My younger self must have been insane to think that putting rv as the top choice when she was choosing schools was a good choice. It’s the last year already, and usually people start to get a bit nostalgic, but i’m still the same, hating where I’m stuck at. And today just confirmed it.
This whole series of lessons is so hypocritical. The school rules state that we can’t be in relationships (riiight… who does that any more? Is this even a JC? are we even 18 in the school’s eyes? Even the law says that we should be treated as adults already, and the school doesn’t even trust with our personal relationshps? Ridiculous). and yet, they are teaching us about marriage and all that crap, which is at least 5 years away. What gives??? there isn’t even the first step taken yet and you already want us to plan out who we would want to commit to for the rest of our lives?)
Secondly, what the hell is with the questions LOL. What wedding song do you want? what kind of marriage do you want?

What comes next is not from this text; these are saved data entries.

-- ===== src/Saves/Equal.antt =====
-- packages/db/src/repositories/transition-validation.ts: `deepEqual` on the types of an interview. It
-- compares dates by their time, so a date that is invalid differs from itself, and all else as `Object.is` does.
pub mod Sound
pub mod Same
use interview_agent.Common.{
  ℕ, Bool, true, false, ◌&&◌, ◌==◌, Option, none, some, List, [], ◌∷◌, Text, text_eq, num_eq, Date,
  same_time,
}
use interview_agent.Interview.{
  InterviewStatus, active, report_pending, completed, early_ended, abandoned, deleting, phase_eq,
  report_kind_eq, follow_up_kind_eq, domain_eq, ZeroScoreReason, unknown, skipped, irrelevant,
  incorrect, FollowUpPurpose, answer_clarification, irrelevant_response_clarification,
  AnswerMaterialKind, main_answer, follow_up_answer, supplement, ResponseClassification, relevant,
  ambiguous, RubricItemSnapshot, FollowUpGoalSnapshot, QuestionSnapshot, InterviewBlueprintItem,
  InterviewBlueprint, AnswerMaterial, RubricItemEvaluation, QuestionOutcome, scored, zero_score,
  QuestionEvaluation,
}
use interview_agent.Engine.{
  QuestionClarification, SystemFollowUp, InterviewQuestionState, PendingInterviewOperation,
  Interview,
}
use interview_agent.Engine.Accepted.{operation_eq}

unfoldable pub list_eq {ℓ} : {A : Type ℓ} → (A → A → Bool) → List A → List A → Bool
list_eq eq [] [] = true
list_eq eq (x ∷ xs) (y ∷ ys) = eq x y && list_eq eq xs ys
list_eq eq [] (y ∷ ys) = false
list_eq eq (x ∷ xs) [] = false

abbrev pub option_eq {ℓ} : {A : Type ℓ} → (A → A → Bool) → Option A → Option A → Bool
option_eq eq none none = true
option_eq eq (some a) (some b) = eq a b
option_eq eq none (some b) = false
option_eq eq (some a) none = false

abbrev pub status_eq : InterviewStatus → InterviewStatus → Bool
status_eq active active = true
status_eq report_pending report_pending = true
status_eq completed completed = true
status_eq early_ended early_ended = true
status_eq abandoned abandoned = true
status_eq deleting deleting = true
status_eq _ _ = false

abbrev pub reason_eq : ZeroScoreReason → ZeroScoreReason → Bool
reason_eq unknown unknown = true
reason_eq skipped skipped = true
reason_eq ZeroScoreReason.irrelevant ZeroScoreReason.irrelevant = true
reason_eq incorrect incorrect = true
reason_eq _ _ = false

abbrev pub purpose_eq : FollowUpPurpose → FollowUpPurpose → Bool
purpose_eq answer_clarification answer_clarification = true
purpose_eq irrelevant_response_clarification irrelevant_response_clarification = true
purpose_eq FollowUpPurpose.depth FollowUpPurpose.depth = true
purpose_eq _ _ = false

abbrev pub material_kind_eq : AnswerMaterialKind → AnswerMaterialKind → Bool
material_kind_eq main_answer main_answer = true
material_kind_eq follow_up_answer follow_up_answer = true
material_kind_eq supplement supplement = true
material_kind_eq _ _ = false

abbrev pub classification_eq : ResponseClassification → ResponseClassification → Bool
classification_eq relevant relevant = true
classification_eq ambiguous ambiguous = true
classification_eq ResponseClassification.irrelevant ResponseClassification.irrelevant = true
classification_eq _ _ = false

abbrev pub flag_eq : Bool → Bool → Bool
flag_eq true true = true
flag_eq false false = true
flag_eq _ _ = false

unfoldable pub rubric_item_eq : RubricItemSnapshot → RubricItemSnapshot → Bool
rubric_item_eq a b =
    text_eq a.id b.id && text_eq a.description b.description && num_eq a.weight b.weight

unfoldable pub goal_eq : FollowUpGoalSnapshot → FollowUpGoalSnapshot → Bool
goal_eq a b = text_eq a.id b.id && follow_up_kind_eq a.kind b.kind && text_eq a.goal b.goal

unfoldable pub snapshot_eq : QuestionSnapshot → QuestionSnapshot → Bool
snapshot_eq a b =
    text_eq a.question_id b.question_id
    && num_eq a.question_version b.question_version
    && domain_eq a.domain b.domain
    && text_eq a.source_wording b.source_wording
    && text_eq a.displayed_wording b.displayed_wording
    && list_eq rubric_item_eq a.rubric b.rubric
    && list_eq goal_eq a.follow_up_goals b.follow_up_goals
    && text_eq a.knowledge_explanation b.knowledge_explanation

unfoldable pub item_eq : InterviewBlueprintItem → InterviewBlueprintItem → Bool
item_eq a b = a.position == b.position && snapshot_eq a.question b.question

unfoldable pub blueprint_eq : InterviewBlueprint → InterviewBlueprint → Bool
blueprint_eq a b =
    text_eq a.selection_seed b.selection_seed
    && option_eq domain_eq a.unassessed_domain b.unassessed_domain
    && list_eq item_eq a.questions b.questions

unfoldable pub material_eq : AnswerMaterial → AnswerMaterial → Bool
material_eq a b =
    text_eq a.id b.id
    && material_kind_eq a.kind b.kind
    && text_eq a.text b.text
    && same_time a.submitted_at b.submitted_at

unfoldable pub award_eq : RubricItemEvaluation → RubricItemEvaluation → Bool
award_eq a b =
    text_eq a.rubric_item_id b.rubric_item_id
    && list_eq text_eq a.evidence_material_ids b.evidence_material_ids
    && num_eq a.awarded_points b.awarded_points
    && list_eq text_eq a.missing_or_incorrect_points b.missing_or_incorrect_points

abbrev pub outcome_eq : QuestionOutcome → QuestionOutcome → Bool
outcome_eq (scored a) (scored b) = a == b
outcome_eq (zero_score a) (zero_score b) = reason_eq a b
outcome_eq _ _ = false

unfoldable pub evaluation_eq : QuestionEvaluation → QuestionEvaluation → Bool
evaluation_eq a b =
    text_eq a.id b.id
    && classification_eq a.classification b.classification
    && list_eq award_eq a.rubric_items b.rubric_items
    && outcome_eq a.outcome b.outcome

unfoldable pub clarification_eq : QuestionClarification → QuestionClarification → Bool
clarification_eq a b =
    text_eq a.message_id b.message_id
    && text_eq a.text b.text
    && same_time a.requested_at b.requested_at
    && same_time a.recorded_at b.recorded_at

unfoldable pub system_follow_up_eq : SystemFollowUp → SystemFollowUp → Bool
system_follow_up_eq a b =
    text_eq a.message_id b.message_id
    && text_eq a.goal_id b.goal_id
    && follow_up_kind_eq a.kind b.kind
    && purpose_eq a.purpose b.purpose
    && classification_eq a.response_classification b.response_classification
    && text_eq a.text b.text
    && same_time a.recorded_at b.recorded_at

unfoldable pub question_eq : InterviewQuestionState → InterviewQuestionState → Bool
question_eq a b =
    a.position == b.position
    && list_eq material_eq a.answer_material b.answer_material
    && list_eq clarification_eq a.question_clarifications b.question_clarifications
    && list_eq system_follow_up_eq a.system_follow_ups b.system_follow_ups
    && option_eq evaluation_eq a.evaluation b.evaluation
    && option_eq outcome_eq a.outcome b.outcome
    && flag_eq a.frozen b.frozen

unfoldable pub pending_eq : PendingInterviewOperation → PendingInterviewOperation → Bool
pending_eq a b =
    text_eq a.operation_id b.operation_id
    && operation_eq a.operation b.operation
    && a.question_position == b.question_position
    && same_time a.accepted_at b.accepted_at
    && phase_eq a.previous_phase b.previous_phase

-- `deepEqual` of two interviews, in three groups of fields.
unfoldable pub identity_eq : Interview → Interview → Bool
identity_eq a b =
    text_eq a.id b.id
    && text_eq a.account_id b.account_id
    && a.question_count == b.question_count
    && blueprint_eq a.blueprint b.blueprint
    && same_time a.created_at b.created_at

unfoldable pub progress_eq : Interview → Interview → Bool
progress_eq a b =
    a.version == b.version
    && status_eq a.status b.status
    && option_eq phase_eq a.phase b.phase
    && a.current_question_position == b.current_question_position
    && list_eq question_eq a.questions b.questions

unfoldable pub activity_eq : Interview → Interview → Bool
activity_eq a b =
    option_eq pending_eq a.pending_operation b.pending_operation
    && option_eq report_kind_eq a.pending_report_kind b.pending_report_kind
    && option_eq same_time a.report_requested_at b.report_requested_at
    && option_eq text_eq a.report_id b.report_id
    && same_time a.last_effective_activity_at b.last_effective_activity_at

unfoldable pub interview_eq : Interview → Interview → Bool
interview_eq a b = identity_eq a b && progress_eq a b && activity_eq a b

Does it look like I have the time to sit around and draw up the ballroom that my wedding is going to be held in, decide the tablecloth colour and the kind of ambience I want?) Freaking ridiculous. What kind of marriage do I want?? Lol what if I don’t even want to get married ( okay I do) but what the hell why are you forcing me to tell you what I want in a relationship. Especially not to a room full of strangers. That’s just bullshit if you think I’m going to be open and spill my heart to the world. I’m sorry but you’re going to have to find some other clueless teenager to probe.
8 more months before I’m out. I can do this. I can do this.